Stored entries
──────────

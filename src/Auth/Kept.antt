-- ===== src/Auth/Kept.antt =====
-- What stays of a table whose rows are found by a digest: a row that is spent stays spent, and is
-- still the one that is found.
use zhiniu.Prelude.{
  ℕ, Bool, true, ◌≡◌, some, List, ◌++◌, map, find, find-map, find-append_some, ◌==◌,
}

module _ {A : Type 0} (key : A → ℕ) (spent : A → Bool) where
  -- The row of a digest is there, and spent.
  abbrev pub IsSpent : ℕ → List A → Type 0
  IsSpent h rows = (a : A) × (find (λ x. key x == h) rows ≡ some a) × (spent a ≡ true)

  abbrev pub Keeps : List A → List A → Type 0
  Keeps rows rows' = (h : ℕ) → IsSpent h rows → IsSpent h rows'

  pub Keeps-append : (rows more : List A) → Keeps rows (rows ++ more)
  Keeps-append rows more h (a, found, gone) =
      (a, find-append_some (λ x. key x == h) rows more a found, gone)

  pub Keeps-map :
      (f : A → A) (rows : List A)
      → ((x : A) → key (f x) ≡ key x)
      → ((x : A) → spent x ≡ true → spent (f x) ≡ true)
      → Keeps rows (map f rows)
  Keeps-map f rows same stays h (a, found, gone) =
      (f a, find-map (λ x. key x == h) f rows a (λ x. rw (same x)) found, stays a gone)

  -- A row that is found is spent after the writes, if they spend it.
  pub map-IsSpent :
      (f : A → A) (rows : List A) (h : ℕ) (a : A)
      → ((x : A) → key (f x) ≡ key x)
      → find (λ x. key x == h) rows ≡ some a
      → spent (f a) ≡ true
      → IsSpent h (map f rows)
  map-IsSpent f rows h a same found gone =
      (f a, find-map (λ x. key x == h) f rows a (λ x. rw (same x)) found, gone)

──────────

ACTIVITY
Write out exactly the lines from the one containing "rows (map f rows)" through the end of the data, both included. Add nothing else.

OUTPUT FOR THIS EXERCISE
      → Keeps rows (map f rows)
  Keeps-map f rows same stays h (a, found, gone) =
      (f a, find-map (λ x. key x == h) f rows a (λ x. rw (same x)) found, stays a gone)

  -- A row that is found is spent after the writes, if they spend it.
  pub map-IsSpent :
      (f : A → A) (rows : List A) (h : ℕ) (a : A)
      → ((x : A) → key (f x) ≡ key x)
      → find (λ x. key x == h) rows ≡ some a
      → spent (f a) ≡ true
      → IsSpent h (map f rows)
  map-IsSpent f rows h a same found gone =
      (f a, find-map (λ x. key x == h) f rows a (λ x. rw (same x)) found, gone)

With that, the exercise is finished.